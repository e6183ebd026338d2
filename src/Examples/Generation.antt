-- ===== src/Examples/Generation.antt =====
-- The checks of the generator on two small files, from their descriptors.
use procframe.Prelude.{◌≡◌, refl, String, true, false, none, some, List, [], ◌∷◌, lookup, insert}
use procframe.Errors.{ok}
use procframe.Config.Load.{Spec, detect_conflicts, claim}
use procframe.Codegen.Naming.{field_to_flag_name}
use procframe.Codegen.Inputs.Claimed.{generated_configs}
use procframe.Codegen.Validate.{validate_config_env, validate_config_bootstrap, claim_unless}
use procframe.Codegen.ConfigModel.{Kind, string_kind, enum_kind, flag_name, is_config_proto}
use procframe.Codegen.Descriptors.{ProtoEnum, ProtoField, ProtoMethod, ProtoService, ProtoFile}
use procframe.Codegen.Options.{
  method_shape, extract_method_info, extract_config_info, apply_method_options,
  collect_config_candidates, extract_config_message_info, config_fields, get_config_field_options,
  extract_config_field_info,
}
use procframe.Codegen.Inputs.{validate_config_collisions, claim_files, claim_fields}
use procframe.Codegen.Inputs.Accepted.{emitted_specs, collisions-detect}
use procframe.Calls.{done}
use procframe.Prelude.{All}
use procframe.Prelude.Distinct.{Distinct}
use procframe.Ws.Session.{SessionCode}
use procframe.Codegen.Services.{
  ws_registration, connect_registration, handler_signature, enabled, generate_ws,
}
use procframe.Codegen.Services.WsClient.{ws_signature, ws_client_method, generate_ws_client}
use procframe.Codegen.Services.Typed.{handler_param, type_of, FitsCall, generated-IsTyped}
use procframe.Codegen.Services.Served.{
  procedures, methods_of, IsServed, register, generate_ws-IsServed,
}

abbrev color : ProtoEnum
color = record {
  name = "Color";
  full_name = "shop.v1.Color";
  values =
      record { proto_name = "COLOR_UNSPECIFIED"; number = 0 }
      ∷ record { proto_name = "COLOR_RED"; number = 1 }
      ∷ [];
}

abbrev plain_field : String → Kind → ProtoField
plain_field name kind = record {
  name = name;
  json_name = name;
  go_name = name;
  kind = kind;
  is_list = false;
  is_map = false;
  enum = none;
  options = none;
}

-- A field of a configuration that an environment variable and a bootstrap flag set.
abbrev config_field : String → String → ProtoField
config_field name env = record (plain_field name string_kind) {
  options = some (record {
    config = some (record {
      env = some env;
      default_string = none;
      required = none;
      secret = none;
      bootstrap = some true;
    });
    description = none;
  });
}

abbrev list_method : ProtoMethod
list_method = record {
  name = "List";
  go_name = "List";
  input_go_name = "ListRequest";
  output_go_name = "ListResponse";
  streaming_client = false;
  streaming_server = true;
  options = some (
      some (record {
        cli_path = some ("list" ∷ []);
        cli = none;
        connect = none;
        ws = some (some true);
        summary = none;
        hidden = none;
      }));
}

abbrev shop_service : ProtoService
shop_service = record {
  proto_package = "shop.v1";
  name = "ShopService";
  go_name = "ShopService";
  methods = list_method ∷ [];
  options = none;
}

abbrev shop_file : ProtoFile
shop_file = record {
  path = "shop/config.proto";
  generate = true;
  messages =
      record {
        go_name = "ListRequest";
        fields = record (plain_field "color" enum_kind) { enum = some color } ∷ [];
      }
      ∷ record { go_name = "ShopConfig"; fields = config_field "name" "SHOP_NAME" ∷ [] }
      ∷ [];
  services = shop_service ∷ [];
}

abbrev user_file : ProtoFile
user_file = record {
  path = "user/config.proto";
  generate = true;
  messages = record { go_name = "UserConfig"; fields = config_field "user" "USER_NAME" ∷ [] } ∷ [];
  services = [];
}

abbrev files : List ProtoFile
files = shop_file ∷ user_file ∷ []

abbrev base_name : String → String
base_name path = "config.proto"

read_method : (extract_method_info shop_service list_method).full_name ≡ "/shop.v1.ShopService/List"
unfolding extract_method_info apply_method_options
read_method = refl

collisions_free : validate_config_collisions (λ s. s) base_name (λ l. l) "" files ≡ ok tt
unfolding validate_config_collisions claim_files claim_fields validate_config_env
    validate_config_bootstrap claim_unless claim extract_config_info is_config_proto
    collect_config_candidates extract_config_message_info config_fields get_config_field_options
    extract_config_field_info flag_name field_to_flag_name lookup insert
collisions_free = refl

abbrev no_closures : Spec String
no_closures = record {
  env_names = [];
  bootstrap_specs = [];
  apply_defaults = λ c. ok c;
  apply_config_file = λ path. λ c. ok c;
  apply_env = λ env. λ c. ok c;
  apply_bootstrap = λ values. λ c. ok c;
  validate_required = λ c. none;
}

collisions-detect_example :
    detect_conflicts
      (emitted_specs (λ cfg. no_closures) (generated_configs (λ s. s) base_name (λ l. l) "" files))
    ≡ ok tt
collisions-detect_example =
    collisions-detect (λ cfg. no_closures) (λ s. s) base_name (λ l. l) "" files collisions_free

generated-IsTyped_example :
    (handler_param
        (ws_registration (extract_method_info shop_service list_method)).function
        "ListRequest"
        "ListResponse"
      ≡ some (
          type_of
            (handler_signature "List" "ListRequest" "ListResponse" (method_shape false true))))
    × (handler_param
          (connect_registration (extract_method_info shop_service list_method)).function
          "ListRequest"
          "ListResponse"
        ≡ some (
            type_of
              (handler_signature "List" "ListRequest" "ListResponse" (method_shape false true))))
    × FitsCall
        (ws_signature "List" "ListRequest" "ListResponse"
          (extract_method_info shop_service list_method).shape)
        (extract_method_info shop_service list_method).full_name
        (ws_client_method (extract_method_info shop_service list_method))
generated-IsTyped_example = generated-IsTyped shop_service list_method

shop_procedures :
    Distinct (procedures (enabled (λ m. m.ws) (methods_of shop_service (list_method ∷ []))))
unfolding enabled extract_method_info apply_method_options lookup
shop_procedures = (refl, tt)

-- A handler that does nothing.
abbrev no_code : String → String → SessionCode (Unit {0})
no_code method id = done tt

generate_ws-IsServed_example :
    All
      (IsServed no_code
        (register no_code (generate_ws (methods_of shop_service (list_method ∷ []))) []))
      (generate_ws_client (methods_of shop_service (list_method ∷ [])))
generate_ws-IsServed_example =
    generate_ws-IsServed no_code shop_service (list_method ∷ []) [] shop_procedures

_ _ _ _ _

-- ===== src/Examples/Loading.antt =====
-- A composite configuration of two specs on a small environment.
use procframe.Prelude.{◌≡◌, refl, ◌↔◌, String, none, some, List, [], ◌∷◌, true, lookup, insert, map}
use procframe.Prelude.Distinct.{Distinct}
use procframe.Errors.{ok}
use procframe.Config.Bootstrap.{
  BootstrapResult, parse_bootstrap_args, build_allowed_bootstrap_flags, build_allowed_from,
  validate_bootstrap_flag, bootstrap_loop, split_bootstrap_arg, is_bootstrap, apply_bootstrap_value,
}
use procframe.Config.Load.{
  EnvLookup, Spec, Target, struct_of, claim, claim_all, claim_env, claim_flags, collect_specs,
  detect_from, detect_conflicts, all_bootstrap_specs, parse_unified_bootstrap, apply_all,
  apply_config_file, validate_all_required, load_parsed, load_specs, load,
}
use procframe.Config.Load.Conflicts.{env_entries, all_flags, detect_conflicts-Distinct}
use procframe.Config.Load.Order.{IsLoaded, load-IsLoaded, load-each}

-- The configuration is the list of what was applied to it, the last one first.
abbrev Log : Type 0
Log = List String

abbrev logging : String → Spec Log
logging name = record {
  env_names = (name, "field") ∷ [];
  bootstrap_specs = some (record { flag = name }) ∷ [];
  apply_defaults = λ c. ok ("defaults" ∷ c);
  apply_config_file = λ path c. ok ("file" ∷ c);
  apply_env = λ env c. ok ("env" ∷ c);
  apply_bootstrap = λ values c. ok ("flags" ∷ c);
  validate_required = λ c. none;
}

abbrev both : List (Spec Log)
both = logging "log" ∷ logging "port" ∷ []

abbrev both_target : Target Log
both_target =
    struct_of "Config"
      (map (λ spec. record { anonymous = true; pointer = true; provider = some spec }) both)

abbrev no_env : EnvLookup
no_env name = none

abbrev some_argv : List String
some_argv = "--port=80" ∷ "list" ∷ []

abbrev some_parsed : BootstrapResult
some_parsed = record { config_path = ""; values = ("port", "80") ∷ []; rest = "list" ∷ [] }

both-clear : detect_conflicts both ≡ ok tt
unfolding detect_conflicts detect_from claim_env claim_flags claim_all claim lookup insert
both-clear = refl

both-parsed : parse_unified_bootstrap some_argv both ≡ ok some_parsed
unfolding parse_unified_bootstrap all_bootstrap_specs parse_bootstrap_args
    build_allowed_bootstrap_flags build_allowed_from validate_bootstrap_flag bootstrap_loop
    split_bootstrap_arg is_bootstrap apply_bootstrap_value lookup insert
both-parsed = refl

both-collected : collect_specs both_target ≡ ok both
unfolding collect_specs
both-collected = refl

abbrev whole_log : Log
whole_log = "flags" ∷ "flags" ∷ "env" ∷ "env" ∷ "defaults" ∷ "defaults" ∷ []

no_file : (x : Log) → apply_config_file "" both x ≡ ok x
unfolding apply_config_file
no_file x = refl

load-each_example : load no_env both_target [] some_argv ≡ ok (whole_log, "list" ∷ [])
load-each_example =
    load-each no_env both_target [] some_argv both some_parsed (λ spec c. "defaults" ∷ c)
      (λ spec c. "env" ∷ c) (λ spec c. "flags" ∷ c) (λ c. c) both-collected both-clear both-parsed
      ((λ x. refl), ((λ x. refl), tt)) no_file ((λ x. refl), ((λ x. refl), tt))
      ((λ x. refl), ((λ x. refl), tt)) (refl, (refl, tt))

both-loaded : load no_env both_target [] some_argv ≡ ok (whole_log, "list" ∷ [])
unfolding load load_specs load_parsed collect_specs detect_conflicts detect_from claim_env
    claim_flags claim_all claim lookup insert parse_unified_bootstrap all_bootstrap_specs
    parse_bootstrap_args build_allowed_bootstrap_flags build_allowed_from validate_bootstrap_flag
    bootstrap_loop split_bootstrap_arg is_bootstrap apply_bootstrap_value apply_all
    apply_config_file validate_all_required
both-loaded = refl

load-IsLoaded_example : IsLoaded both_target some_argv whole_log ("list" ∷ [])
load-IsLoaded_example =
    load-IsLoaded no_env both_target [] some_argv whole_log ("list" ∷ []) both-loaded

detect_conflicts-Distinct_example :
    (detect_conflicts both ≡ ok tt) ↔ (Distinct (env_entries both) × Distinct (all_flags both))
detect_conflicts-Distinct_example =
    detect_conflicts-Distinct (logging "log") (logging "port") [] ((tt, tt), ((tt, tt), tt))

_ _ _ _ _

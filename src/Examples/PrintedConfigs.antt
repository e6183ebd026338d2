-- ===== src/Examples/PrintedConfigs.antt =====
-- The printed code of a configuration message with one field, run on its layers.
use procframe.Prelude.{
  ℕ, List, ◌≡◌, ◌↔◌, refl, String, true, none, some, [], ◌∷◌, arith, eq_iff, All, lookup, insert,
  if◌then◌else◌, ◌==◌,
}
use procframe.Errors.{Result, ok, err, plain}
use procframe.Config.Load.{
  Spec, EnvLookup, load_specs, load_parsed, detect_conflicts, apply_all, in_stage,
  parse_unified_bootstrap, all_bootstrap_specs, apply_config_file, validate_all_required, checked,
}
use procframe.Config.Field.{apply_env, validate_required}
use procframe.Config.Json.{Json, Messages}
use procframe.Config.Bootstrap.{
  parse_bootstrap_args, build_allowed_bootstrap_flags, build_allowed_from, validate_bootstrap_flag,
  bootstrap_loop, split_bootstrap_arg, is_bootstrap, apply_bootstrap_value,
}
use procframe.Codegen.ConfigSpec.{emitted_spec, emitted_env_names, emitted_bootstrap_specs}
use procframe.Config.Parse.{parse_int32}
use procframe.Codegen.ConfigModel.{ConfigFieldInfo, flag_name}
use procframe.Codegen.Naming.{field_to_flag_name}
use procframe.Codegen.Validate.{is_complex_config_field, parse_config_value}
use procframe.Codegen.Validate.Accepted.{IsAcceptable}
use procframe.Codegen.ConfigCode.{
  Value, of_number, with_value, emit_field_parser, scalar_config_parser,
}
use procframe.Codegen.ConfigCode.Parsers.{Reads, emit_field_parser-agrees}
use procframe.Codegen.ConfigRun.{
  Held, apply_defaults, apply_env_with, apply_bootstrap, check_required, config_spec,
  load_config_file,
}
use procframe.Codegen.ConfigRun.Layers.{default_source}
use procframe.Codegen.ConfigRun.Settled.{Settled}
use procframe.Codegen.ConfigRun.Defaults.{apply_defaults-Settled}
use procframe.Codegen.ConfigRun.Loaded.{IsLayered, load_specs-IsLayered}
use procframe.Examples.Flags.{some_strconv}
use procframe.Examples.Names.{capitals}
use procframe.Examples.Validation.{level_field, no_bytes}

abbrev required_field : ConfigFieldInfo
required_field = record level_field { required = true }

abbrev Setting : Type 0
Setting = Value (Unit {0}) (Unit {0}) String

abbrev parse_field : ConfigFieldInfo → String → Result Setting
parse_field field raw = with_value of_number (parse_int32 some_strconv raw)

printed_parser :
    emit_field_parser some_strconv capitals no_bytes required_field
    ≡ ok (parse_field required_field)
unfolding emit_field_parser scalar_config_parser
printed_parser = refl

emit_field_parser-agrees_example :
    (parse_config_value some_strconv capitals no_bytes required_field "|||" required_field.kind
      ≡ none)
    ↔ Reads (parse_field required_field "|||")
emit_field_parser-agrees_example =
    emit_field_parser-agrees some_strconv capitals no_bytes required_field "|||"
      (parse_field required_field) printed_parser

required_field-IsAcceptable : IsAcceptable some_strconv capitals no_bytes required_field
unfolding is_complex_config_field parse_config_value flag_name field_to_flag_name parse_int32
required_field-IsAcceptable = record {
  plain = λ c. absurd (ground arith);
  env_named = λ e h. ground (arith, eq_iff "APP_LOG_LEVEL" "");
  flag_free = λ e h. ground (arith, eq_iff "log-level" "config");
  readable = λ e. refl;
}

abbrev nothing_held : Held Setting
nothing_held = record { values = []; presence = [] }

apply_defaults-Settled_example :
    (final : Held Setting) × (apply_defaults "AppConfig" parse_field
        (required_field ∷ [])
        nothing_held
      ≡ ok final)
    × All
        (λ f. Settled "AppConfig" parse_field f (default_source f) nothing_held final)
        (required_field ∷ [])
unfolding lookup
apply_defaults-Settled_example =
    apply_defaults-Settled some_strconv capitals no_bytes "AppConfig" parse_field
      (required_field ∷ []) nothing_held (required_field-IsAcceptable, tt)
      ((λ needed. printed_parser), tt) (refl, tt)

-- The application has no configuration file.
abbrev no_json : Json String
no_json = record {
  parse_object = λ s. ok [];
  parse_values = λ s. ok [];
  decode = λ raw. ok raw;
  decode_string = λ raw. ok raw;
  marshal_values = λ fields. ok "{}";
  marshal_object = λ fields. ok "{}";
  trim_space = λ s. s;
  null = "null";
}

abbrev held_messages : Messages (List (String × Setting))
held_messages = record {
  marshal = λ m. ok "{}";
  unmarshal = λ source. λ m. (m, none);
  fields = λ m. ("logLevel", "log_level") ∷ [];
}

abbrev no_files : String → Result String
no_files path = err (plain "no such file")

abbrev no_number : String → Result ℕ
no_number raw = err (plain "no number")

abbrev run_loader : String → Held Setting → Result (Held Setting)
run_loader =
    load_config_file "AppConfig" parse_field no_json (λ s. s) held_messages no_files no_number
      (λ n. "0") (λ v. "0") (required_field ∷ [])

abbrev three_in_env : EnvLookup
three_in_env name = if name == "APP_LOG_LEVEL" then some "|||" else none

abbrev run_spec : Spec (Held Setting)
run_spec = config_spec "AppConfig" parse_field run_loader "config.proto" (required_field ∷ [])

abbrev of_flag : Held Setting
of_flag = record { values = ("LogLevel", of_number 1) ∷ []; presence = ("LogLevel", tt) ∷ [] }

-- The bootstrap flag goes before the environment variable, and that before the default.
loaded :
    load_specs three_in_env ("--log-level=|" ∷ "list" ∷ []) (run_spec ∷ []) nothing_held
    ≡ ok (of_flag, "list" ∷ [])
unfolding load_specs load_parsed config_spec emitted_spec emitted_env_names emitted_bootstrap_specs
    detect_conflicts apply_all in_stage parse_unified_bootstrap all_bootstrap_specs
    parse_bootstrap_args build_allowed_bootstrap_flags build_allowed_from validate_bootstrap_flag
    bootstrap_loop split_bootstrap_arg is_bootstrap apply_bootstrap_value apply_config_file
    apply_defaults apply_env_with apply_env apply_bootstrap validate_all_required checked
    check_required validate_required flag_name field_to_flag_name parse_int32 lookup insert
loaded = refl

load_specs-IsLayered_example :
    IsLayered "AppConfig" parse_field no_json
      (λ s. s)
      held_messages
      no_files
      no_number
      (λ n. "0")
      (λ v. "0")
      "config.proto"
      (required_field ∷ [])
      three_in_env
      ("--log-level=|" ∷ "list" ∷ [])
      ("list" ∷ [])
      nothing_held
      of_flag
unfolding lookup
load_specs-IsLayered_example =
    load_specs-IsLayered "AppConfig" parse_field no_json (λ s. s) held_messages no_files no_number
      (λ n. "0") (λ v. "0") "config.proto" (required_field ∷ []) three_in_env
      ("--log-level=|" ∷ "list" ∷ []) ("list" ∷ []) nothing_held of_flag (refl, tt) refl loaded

_ _ _ _ _

### Task requirements
Using the listing above, show each line holding the string "true".

### Expected answer
use procframe.Prelude.{◌≡◌, refl, String, true, false, none, some, List, [], ◌∷◌, lookup, insert}
      bootstrap = some true;
  streaming_server = true;
        ws = some (some true);
  generate = true;
  generate = true;
            (handler_signature "List" "ListRequest" "ListResponse" (method_shape false true))))
              (handler_signature "List" "ListRequest" "ListResponse" (method_shape false true))))
use procframe.Prelude.{◌≡◌, refl, ◌↔◌, String, none, some, List, [], ◌∷◌, true, lookup, insert, map}
      (map (λ spec. record { anonymous = true; pointer = true; provider = some spec }) both)
  ℕ, List, ◌≡◌, ◌↔◌, refl, String, true, none, some, [], ◌∷◌, arith, eq_iff, All, lookup, insert,
required_field = record level_field { required = true }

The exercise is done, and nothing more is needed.